Fifty Acts on Kindness


By: Christine Olding

Something is to be said about the behavior issues that we each face at our differing schools. We all face trying situations and difficult conflicts to resolve.  It is obvious that one child can hinder the learning of twenty- four others which means behavior is something that needs to be tended to.  At Hamilton, we are going to implement a behavior initiative, 50 Acts of Kindness, something that will hopefully make the problem the solution.

The initiative is designed for us to work with the students who have the most behavioral issues on record.  We are going to meet with them once a week during lunch to discuss how to deal with their emotions in a healthy manner and most importantly, to teach them what it takes to be a leader. Between the seven of us, we are going to tackle 3rd-6th grade. We each are going to be working with our respective grades, for instance, I will be working with 4th grade since that is the grade I provide whole class and small group tutoring for.  My team is currently deciding which students we will be working with, something that is a lot harder than I originally thought. A lot of these students have a wide range of behavioral issues that need to be addressed.

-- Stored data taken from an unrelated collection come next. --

-- ===== src/Parser/Entries/Bounds.antt =====
-- What the section entries guarantee: they stay inside the buffer, fail by an exception only, and
-- an accepted entry satisfies the limits that the options and the format set.
use eos_vm.Prelude.{
  ℕ, zero, suc, ◌+◌, ◌≤◌, ◌<◌, ◌≡◌, refl, List, [], ◌∷◌, true, length, All, some, none, Option, ltb,
  leb→le, ltb→lt, ◌==◌, ==_iff, ap, arith,
}
use eos_vm.Prelude.Result.{or_throw, out_of_range}
use eos_vm.GuardedPtr.{Read, lift}
use eos_vm.GuardedPtr.Ensures.{
  Ensures, Ensures-bind, Ensures-pure, Ensures-throw, Ensures-assert, Ensures-check, Ensures-if,
  Ensures-lift, Ensures-weaken, next-Ensures, peek-Ensures,
}
use eos_vm.Leb128.Values.{parse_varuint32-Ensures, parse_varint32-Ensures, parse_varint64-Ensures}
use eos_vm.Options.{Options}
use eos_vm.Types.{FuncType, TableType, MemoryType, ExportEntry, Module, get_functions_total}
use eos_vm.Types.Kind
use eos_vm.Parser.Primitives.Bounds.{
  parse_raw-Ensures, parse_v128-Ensures, parse_utf8_string-Ensures,
}
use eos_vm.Parser.Entries.{
  read_elems, is_value_type, parse_import_entry, parse_flags, parse_table_type, parse_memory_type,
  init_value, parse_init_expr, check_export, parse_export_entry, parse_value_type, parse_func_type,
  i32_const, i64_const, f32_const, f64_const, vector_prefix,
}

pub record HasElems {A : Type 0} (n : ℕ) (Q : A → Type 0) (es : List A) : Type 0 where
  pub size : length es ≡ n
  pub all : All Q es

-- A vector has as many elements as its count says.
pub read_elems-Ensures :
    {A : Type 0} {Q : A → Type 0} (n i : ℕ) (elem_parse : ℕ → Read A)
    → ((j : ℕ) → Ensures Q (elem_parse j))
    → Ensures (HasElems n Q) (read_elems n i elem_parse)
unfolding read_elems
read_elems-Ensures zero i f h = Ensures-pure [] (record { size = refl; all = tt })
read_elems-Ensures (suc n) i f h = Ensures-bind (h i) λ e q.
    Ensures-bind (read_elems-Ensures n (i + 1) f h)
      λ es r. Ensures-pure (e ∷ es) (record { size = ap suc r.size; all = (q, r.all) })

pub parse_flags-Ensures : (options : Options) → Ensures (λ _. Unit {0}) (parse_flags options)
unfolding parse_flags
parse_flags-Ensures options =
    Ensures-if options.allow_u32_limits_flags
      (λ _. Ensures-bind parse_varuint32-Ensures λ f _. Ensures-pure _ tt)
      (λ _.
        Ensures-bind peek-Ensures
          λ b _. Ensures-assert _ tt λ _. Ensures-bind next-Ensures λ f _. Ensures-pure _ tt)

pub record IsTable (options : Options) (t : TableType) : Type 0 where
  pub initial_le : t.limits.initial ≤ options.max_table_elements
  pub maximum_ge : t.limits.flags ≡ true → t.limits.initial ≤ t.limits.maximum

-- An accepted table is within the option's number of elements and its own maximum.
pub parse_table_type-Ensures :
    (options : Options) → Ensures (IsTable options) (parse_table_type options)
unfolding parse_table_type
parse_table_type-Ensures options = Ensures-bind next-Ensures λ e _. Ensures-assert _ tt λ _.
    Ensures-bind (parse_flags-Ensures options) λ flags _.
      Ensures-bind parse_varuint32-Ensures λ initial _.
        Ensures-bind {Q = λ m. flags ≡ true → initial ≤ m}
          (Ensures-if flags
            (λ _.
              Ensures-bind parse_varuint32-Ensures
                λ m _. Ensures-assert _ tt λ h. Ensures-pure m (λ _. leb→le initial m h))
            (λ e. Ensures-pure 0 (λ f. cc)))
          λ m p.
            Ensures-assert _ tt
              λ q. Ensures-pure _ (record { initial_le = leb→le _ _ q; maximum_ge = p })

pub record IsMemory (options : Options) (m : MemoryType) : Type 0 where
  pub initial_le : m.limits.initial ≤ options.max_pages
  pub initial_fits : m.limits.initial ≤ 65536
  pub maximum_ge : m.limits.flags ≡ true → m.limits.initial ≤ m.limits.maximum
  pub maximum_fits : m.limits.maximum ≤ 65536

-- An accepted memory starts within the option's pages, and neither its start nor its maximum passes
-- the four gigabytes of the address space.
pub parse_memory_type-Ensures :
    (options : Options) → Ensures (IsMemory options) (parse_memory_type options)
unfolding parse_memory_type
parse_memory_type-Ensures options = Ensures-bind (parse_flags-Ensures options) λ flags _.
    Ensures-bind parse_varuint32-Ensures λ initial _. Ensures-assert _ tt λ p.
      Ensures-assert _ tt λ q.
        Ensures-bind {Q = λ m. (flags ≡ true → initial ≤ m) × (m ≤ 65536)}
          (Ensures-if flags
            (λ _. Ensures-bind parse_varuint32-Ensures λ m _. Ensures-assert _ tt λ h.
              Ensures-assert _ tt λ l. Ensures-pure m ((λ _. leb→le initial m h), leb→le _ _ l))
            (λ e. Ensures-pure 0 ((λ f. cc), omega arith)))
          λ m r.
            let (r₁, r₂) = r in
            Ensures-pure _ (record {
              initial_le = leb→le _ _ p;
              initial_fits = leb→le _ _ q;
              maximum_ge = r₁;
              maximum_fits = r₂;
            })

pub init_value-Ensures :
    (options : Options) (opcode type : ℕ) → Ensures (λ _. Unit {0}) (init_value options opcode type)
unfolding init_value
init_value-Ensures options opcode type =
    Ensures-if (opcode == i32_const)
      (λ _. Ensures-bind parse_varint32-Ensures λ v _. Ensures-assert _ tt λ _. Ensures-pure v tt)
      λ _.
        Ensures-if (opcode == i64_const)
          (λ _.
            Ensures-bind parse_varint64-Ensures λ v _. Ensures-assert _ tt λ _. Ensures-pure v tt)
          λ _.
            Ensures-if (opcode == f32_const)
              (λ _.
                Ensures-bind (parse_raw-Ensures 4)
                  λ v _. Ensures-assert _ tt λ _. Ensures-pure v tt)
              λ _.
                Ensures-if (opcode == f64_const)
                  (λ _.
                    Ensures-bind (parse_raw-Ensures 8)
                      λ v _. Ensures-assert _ tt λ _. Ensures-pure v tt)
                  λ _.
                    Ensures-if (opcode == vector_prefix)
                      (λ _. Ensures-assert _ tt λ _. Ensures-bind parse_varuint32-Ensures λ o _.
                        Ensures-assert _ tt λ _.
                          Ensures-bind parse_v128-Ensures
                            λ v _. Ensures-assert _ tt λ _. Ensures-pure v tt)
                      λ _. Ensures-throw _ tt

pub parse_init_expr-Ensures :
    (options : Options) (type : ℕ) → Ensures (λ _. Unit {0}) (parse_init_expr options type)
unfolding parse_init_expr
parse_init_expr-Ensures options type = Ensures-bind next-Ensures λ opcode _.
    Ensures-bind (init_value-Ensures options opcode type)
      λ v _. Ensures-bind next-Ensures λ l _. Ensures-assert _ tt λ _. Ensures-pure _ tt

pub parse_value_type-Ensures :
    (options : Options) → Ensures (λ t. is_value_type options t ≡ true) (parse_value_type options)
unfolding parse_value_type
parse_value_type-Ensures options =
    Ensures-bind next-Ensures λ t _. Ensures-assert _ tt λ h. Ensures-pure t h

pub record IsFuncType (options : Options) (ft : FuncType) : Type 0 where
  pub params : All (λ t. is_value_type options t ≡ true) ft.param_types
  pub one_result : ft.return_count ≤ 1
  pub result : ft.return_count ≡ 1 → is_value_type options ft.return_type ≡ true

-- An accepted function type has value types only, and at most one result.
pub parse_func_type-Ensures :
    (options : Options) → Ensures (IsFuncType options) (parse_func_type options)
unfolding parse_func_type
parse_func_type-Ensures options = Ensures-bind next-Ensures λ form _. Ensures-assert _ tt λ _.
    Ensures-bind parse_varuint32-Ensures λ count _.
      Ensures-bind (read_elems-Ensures count 0 _ λ _. parse_value_type-Ensures options) λ ps p.
        Ensures-bind next-Ensures λ rc _. Ensures-assert _ tt λ q.
          Ensures-bind {Q = λ t. rc ≡ 1 → is_value_type options t ≡ true}
            (Ensures-if (ltb 0 rc)
              (λ _. Ensures-weaken (parse_value_type-Ensures options) λ t h _. h)
              (λ e. Ensures-pure 0 λ f. absurd (ground (arith, e, f))))
            λ t r.
              Ensures-pure _
                (record { params = p.all; one_result = omega (arith, ltb→lt _ _ q); result = r })

-- The index of an accepted export is that of something the module has.
unfoldable pub IndexInRange : Module → ExportEntry → Type 0
IndexInRange mod' e =
    (e.kind ≡ Kind.function → e.index < get_functions_total mod')
    × (e.kind ≡ Kind.table → e.index < length mod'.tables)
    × (e.kind ≡ Kind.memory → e.index < length mod'.memories)
    × (e.kind ≡ Kind.global → e.index < length mod'.globals)

pub or_throw-Ensures :
    {A : Type 0} (o : Option A) → Ensures (λ a. o ≡ some a) (lift (or_throw o out_of_range))
or_throw-Ensures none = Ensures-lift _ (λ a e. cc) (λ e h. ground (arith, h))
or_throw-Ensures (some a) = Ensures-lift _ (λ b e. ground (arith, e)) (λ e h. cc)

check_export-Ensures :
    (options : Options) (mod' : Module) (s : List ℕ) (kind index : ℕ)
    → Ensures
        (λ _. IndexInRange mod' (record { field_str = s; kind = kind; index = index }))
        (check_export options mod' kind index)
unfolding check_export IndexInRange
check_export-Ensures options mod' s kind index =
    Ensures-if (kind == Kind.function)
      (λ k. Ensures-weaken (Ensures-check _ tt) λ _ h. ground (arith, ltb→lt _ _ h))
      λ k₁.
        Ensures-if (kind == Kind.table)
          (λ k. Ensures-weaken (Ensures-check _ tt) λ _ h. ground (arith, ltb→lt _ _ h))
          λ k₂.
            Ensures-if (kind == Kind.memory)
              (λ k. Ensures-weaken (Ensures-check _ tt) λ _ h. ground (arith, ltb→lt _ _ h))
              λ k₃.
                Ensures-if (kind == Kind.global)
                  (λ k. Ensures-assert _ tt λ h.
                    Ensures-bind (or_throw-Ensures _) λ g e.
                      Ensures-weaken (Ensures-check _ tt) λ _ l. ground (arith, ltb→lt _ _ h))
                  λ k₄. Ensures-throw _ tt

-- An accepted export names a function, table, memory or global that the module has.
pub parse_export_entry-Ensures :
    (options : Options) (mod' : Module)
    → Ensures (IndexInRange mod') (parse_export_entry options mod')
unfolding parse_export_entry
parse_export_entry-Ensures options mod' =
    Ensures-bind (parse_utf8_string-Ensures options.max_symbol_bytes) λ s _.
      Ensures-bind next-Ensures λ kind _. Ensures-bind parse_varuint32-Ensures λ index _.
        Ensures-bind (check_export-Ensures options mod' s kind index) λ _ h. Ensures-pure _ h

-- An accepted import is a function whose type the module has.
pub parse_import_entry-Ensures :
    (options : Options) (mod' : Module)
    → Ensures
        (λ e. (e.kind ≡ Kind.function) × (e.func_t < length mod'.types))
        (parse_import_entry options mod')
unfolding parse_import_entry
parse_import_entry-Ensures options mod' =
    Ensures-bind (parse_utf8_string-Ensures options.max_symbol_bytes) λ s _.
      Ensures-bind (parse_utf8_string-Ensures options.max_symbol_bytes) λ t _.
        Ensures-bind next-Ensures λ kind _. Ensures-bind parse_varuint32-Ensures λ type _.
          Ensures-assert _ tt λ k.
            Ensures-assert _ tt λ l. Ensures-pure _ ((==_iff kind Kind.function).0 k, ltb→lt _ _ l)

How exactly are we going to do this?

The answer is simple.   Our small groups, consisting of four to six children, will be taken out during their lunch period. We are going to have them eat lunch with us and do short lesson plans about the differing topics.  First, however, a strict, yet reasonable, set of rules must be implemented so that each child knows the consequences of acting out during this precious time period.  Secondly, we must try to figure out how to best implement each lesson to fit the specific group of students we are going to be working with.  Since we are only going to have roughly twenty minutes, this aspect is of the utmost importance.

What will a typical session look like?

Ideally, it would go something like this. The students will walk in during their lunch where we will be waiting for them. They would eat their lunch in a timely and quiet fashion and after they are finished eating, a fun, yet informational lesson plan will take place.  For instance, if that day we are discussing the characteristics of a leader, a game of leadership charades could be played where each child acts out a differing quality that is possessed by a leader.  After the game, a small discussion would be held to talk about why those qualities are necessary. Though, this is a very important and serious issue, we still want to make sure the students have fun and enjoy what they are learning.

City Year is trying to give these students a chance to make a difference, to change not only themselves, but also their school.  My team is very excited and eager to begin this process in the hopes of making the problem the solution.  Throughout the year, I will keep the readers updated on the progress of this behavioral initiative. So, make sure to look for it in the upcoming months!